A fourth theme, presented in the article by Christensen, et al, describes approaches to using a hierarchy for selecting different outcomes to combine in a metaanalysis9. Predefining such a hierarchy avoids selective outcome reporting bias in studies with more than 1 pain scale, where the temptation is to use the one (“cherry picking”) with the largest effect size10. Use of a predefined hierarchy set, initiated by Juni, et al11 and developed by the Cochrane Musculoskeletal Editors, is proving to be popular with the Cochrane Musculoskeletal systematic review authors12. Juhl, et al proposed using a combination of criteria of frequency of use and effect size13. There was agreement on a research agenda, including the need to develop methodology for generation of hierarchical lists of outcome instruments measuring pain to guide metaanalyses.
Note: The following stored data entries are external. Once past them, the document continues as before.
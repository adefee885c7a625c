-- ===== src/WebClient/Messages.antt =====
-- rtpconn/webclient.go: `handleClientMessage`. Each case is a function; the permissions that it asks for
-- are tested where the source tests them.
pub mod Groups
pub mod Users
pub mod Dispatch
pub mod Permitted
use galene.Base.{
  ℕ, Bool, true, false, not, ◌&&◌, ◌||◌, Option, none, some, List, [], ◌∷◌, ◌++◌, if◌then◌else◌,
  Text, same, bytes, contains,
}
use galene.Base.Dict.{Dict, find, insert}
use galene.Base.Json.{
  Json, null, text, number, boolean, array, object, Items, Fields, field, done, as_text, as_object,
  merge, at_key, to_string_array,
}
use galene.Base.Results.{Result, ok, err}
use galene.Tokens.{Stateful}
use galene.WebClient.{
  UpConnection, DownConnection, WebClient, ClientMessage, blank, Failure, user_error,
  protocol_error, library_error, Effect, reply, send_to, send_all, add_history, clear_history,
  lock_group, merge_data, start_recording, stop_recording, change_permissions, warn_identified,
  kick_out, push_own, put_token, ask_senders, leave_members, Outcome, Member, web, disk, whip,
  Admission, Environment, fits, fails, written, write_last, refuse, report, has,
}
use galene.WebClient.Connections.{
  Done, is_blank, del_up_conn, del_down_conn, close_down_conn, fail_up_connection,
}
use galene.WebClient.Signalling.{got_offer, offer_failed, got_answer, renegotiate_found}

-- `leaveGroup`: the loops over the connections, and the rest.
abbrev pub close_ups : WebClient → Dict UpConnection → WebClient × List Effect
close_ups c [] = (c, [])
close_ups c ((id, u) ∷ us) =
    let (c', es, error) = del_up_conn c id c.id true in
    let (c'', rest) = close_ups c' us in (c'', es ++ rest)

abbrev pub close_downs : WebClient → Dict DownConnection → WebClient × List Effect
close_downs c [] = (c, [])
close_downs c ((id, d) ∷ ds) =
    let (c', es) = del_down_conn c id in let (c'', rest) = close_downs c' ds in (c'', es ++ rest)

abbrev pub left : WebClient → WebClient
left c = record c { permissions = []; user_data = []; requested = []; group = none }

abbrev pub leave_named : WebClient → Option Text → WebClient × List Effect
leave_named c none = (c, [])
leave_named c (some g) =
    let (c', ups) = close_ups c c.up in
    let (c'', downs) = close_downs c' c'.down in (left c'', ups ++ (downs ++ leave_members ∷ []))

unfoldable pub leave_group : WebClient → WebClient × List Effect
leave_group c = leave_named c c.group

-- The message "join". The data of the message and what `AddClient` gives to `Init` stay with the client
-- also where it is not let in.
abbrev pub initialised : WebClient → Option (Text × List Text) → WebClient
initialised c none = c
initialised c (some (username, permissions)) = record c {
  username = username;
  permissions = permissions;
}

abbrev pub joined_message : WebClient → Text → Text → Text → Text → ClientMessage
joined_message c kind error group value = record blank {
  type = bytes "joined";
  kind = kind;
  error = error;
  group = group;
  username = some c.username;
  value = text value;
}

abbrev pub join_result : Environment → WebClient → Text → Result (Text × Text) Text → Outcome
join_result e c group (err (error, value)) =
    write_last e c [] (joined_message c (bytes "fail") error group value)
join_result e c group (ok redirect) =
    if not (is_blank redirect)
    then write_last e c [] (joined_message c (bytes "redirect") [] group redirect)
    else fits (record c { group = some group }) []

abbrev pub join_as : Environment → WebClient → ClientMessage → Outcome
join_as e c m =
    join_result e (initialised (record c { user_data = m.user_data }) e.admission.init) m.group
      e.admission.result

abbrev pub join_from : Environment → WebClient → ClientMessage → Option Text → Outcome
join_from e c m none =
    if same m.kind (bytes "leave")
    then fails c [] (user_error (bytes "you are not joined"))
    else if not (same m.kind (bytes "join"))
    then fails c [] (protocol_error (bytes "unknown kind"))
    else join_as e c m
join_from e c m (some g) =
    if same m.kind (bytes "leave")
    then (if same g m.group
        then (let (c', es) = leave_group c in fits c' es)
        else fails c [] (user_error (bytes "you are not joined")))
    else if not (same m.kind (bytes "join"))
    then fails c [] (protocol_error (bytes "unknown kind"))
    else fails c [] (protocol_error (bytes "cannot join multiple groups"))

-- The messages "request" and "requestStream".
abbrev pub put_requested :
    Text → Option (Option (List Text)) → Option (Dict (List Text)) → Option (Dict (List Text))
put_requested k none r = none
put_requested k (some ts) none = none
put_requested k (some none) (some r) = some (insert k [] r)
put_requested k (some (some ts)) (some r) = some (insert k ts r)

-- The loop of `parseRequested`, whose order does not matter since the keys are distinct.
abbrev pub parse_fields : Fields → Option (Dict (List Text))
parse_fields done = some []
parse_fields (field k v o) = put_requested k (to_string_array v) (parse_fields o)

abbrev pub parse_requested : Json → Option (Dict (List Text))
parse_requested null = some []
parse_requested (text t) = none
parse_requested (number n) = none
parse_requested (boolean b) = none
parse_requested (array a) = none
parse_requested (object o) = parse_fields o

abbrev pub bad_type : Failure
bad_type = library_error (bytes "bad type")

abbrev pub set_requested : WebClient → Option Text → Option (Dict (List Text)) → Outcome
set_requested c g none = fails c [] bad_type
set_requested c none (some r) =
    fails c [] (library_error (bytes "attempted to request with no group joined"))
set_requested c (some g) (some r) = fits (record c { requested = r }) (ask_senders [] ∷ [])

abbrev pub set_requested_stream :
    WebClient → Option DownConnection → Option (Option (List Text)) → Outcome
set_requested_stream c none r = fails c [] (library_error (bytes "unknown id"))
set_requested_stream c (some d) none = fails c [] bad_type
set_requested_stream c (some d) (some r) =
    fits (record c { down = insert d.id (record d { requested = r }) c.down })
      (ask_senders d.remote.id ∷ [])

abbrev pub no_id : WebClient → Outcome
no_id c = fails c [] (protocol_error (bytes "empty id"))

-- The message "offer".
abbrev pub offer_refused : Environment → WebClient → ClientMessage → Outcome
offer_refused e c m =
    let (c', es, error) =
      if is_blank m.replace then (c, [], none) else del_up_conn c m.replace c.id true in
    report e c' (es ++ written e (record blank { type = bytes "abort"; id = m.id }))
      (user_error (bytes "not authorised"))

unfoldable pub handle_offer : Environment → WebClient → ClientMessage → Outcome
handle_offer e c m =
    if is_blank m.id
    then no_id c
    else if not (has c (bytes "present"))
    then offer_refused e c m
    else let o = got_offer e c m.id m.label m.replace in
      offer_failed e m.id o.failure (record o { failure = none })

-- The message "close".
abbrev pub handle_close : WebClient → ClientMessage → Outcome
handle_close c m = let (c', es, error) = del_up_conn c m.id c.id true in fits c' es

-- The messages "chat" and "usermessage".
abbrev pub is_chat : ClientMessage → Bool
is_chat m = same m.type (bytes "chat")

abbrev pub required : ClientMessage → Text
required m = if is_chat m && same m.kind (bytes "caption") then bytes "caption" else bytes "message"

abbrev pub chat_id : Environment → ClientMessage → Text
chat_id e m = if is_chat m && (is_blank m.dest && is_blank m.id) then e.random else m.id

abbrev pub chat_message : Environment → WebClient → ClientMessage → ClientMessage
chat_message e c m = record blank {
  type = m.type;
  id = chat_id e m;
  source = m.source;
  dest = m.dest;
  username = m.username;
  privileged = has c (bytes "op");
  kind = m.kind;
  no_echo = m.no_echo;
  value = m.value;
}

abbrev pub chat_to : Environment → WebClient → ClientMessage → Option Member → Outcome
chat_to e c m none = refuse e c (bytes "user unknown")
chat_to e c m (some disk) = refuse e c (bytes "this user doesn't chat")
chat_to e c m (some (whip n)) = refuse e c (bytes "this user doesn't chat")
chat_to e c m (some (web n)) = fits c (send_to m.dest m ∷ [])

abbrev pub remember : ClientMessage → ClientMessage → List Effect
remember m mm = if is_chat m then add_history mm ∷ [] else []

abbrev pub except : WebClient → Bool → Option Text
except c no_echo = if no_echo then some c.id else none

unfoldable pub handle_chat : Environment → WebClient → ClientMessage → Outcome
handle_chat e c m =
    let mm = chat_message e c m in
    if not (has c (required m))
    then refuse e c (bytes "not authorised")
    else if is_blank m.dest
    then fits c (remember m mm ++ send_all (except c m.no_echo) mm ∷ [])
    else chat_to e c mm (e.member m.dest)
Tools that could be used to steer development of such a prioritized list are the COSMIN checklist and the OMERACT Filter 2.0.
Regarding the topic of Pain Outcomes, Measurement, and Systematic Reviews, the pre-OMERACT meeting provided an important opportunity for representatives from a broad range of groups and organizations to discuss issues face-to-face while using the OMERACT process. Not all individuals participate in more than 1 organization. Different organizations have realized the importance of these issues and have addressed them to different degrees (done in isolation, this may be inefficient, not to mention the danger of competitive ownership). As well, there is too much to be done for any single organization. Our hope is that the participant organizations continue this partnership, while others who wish to participate will join in to address those parts of the research agenda that interest them.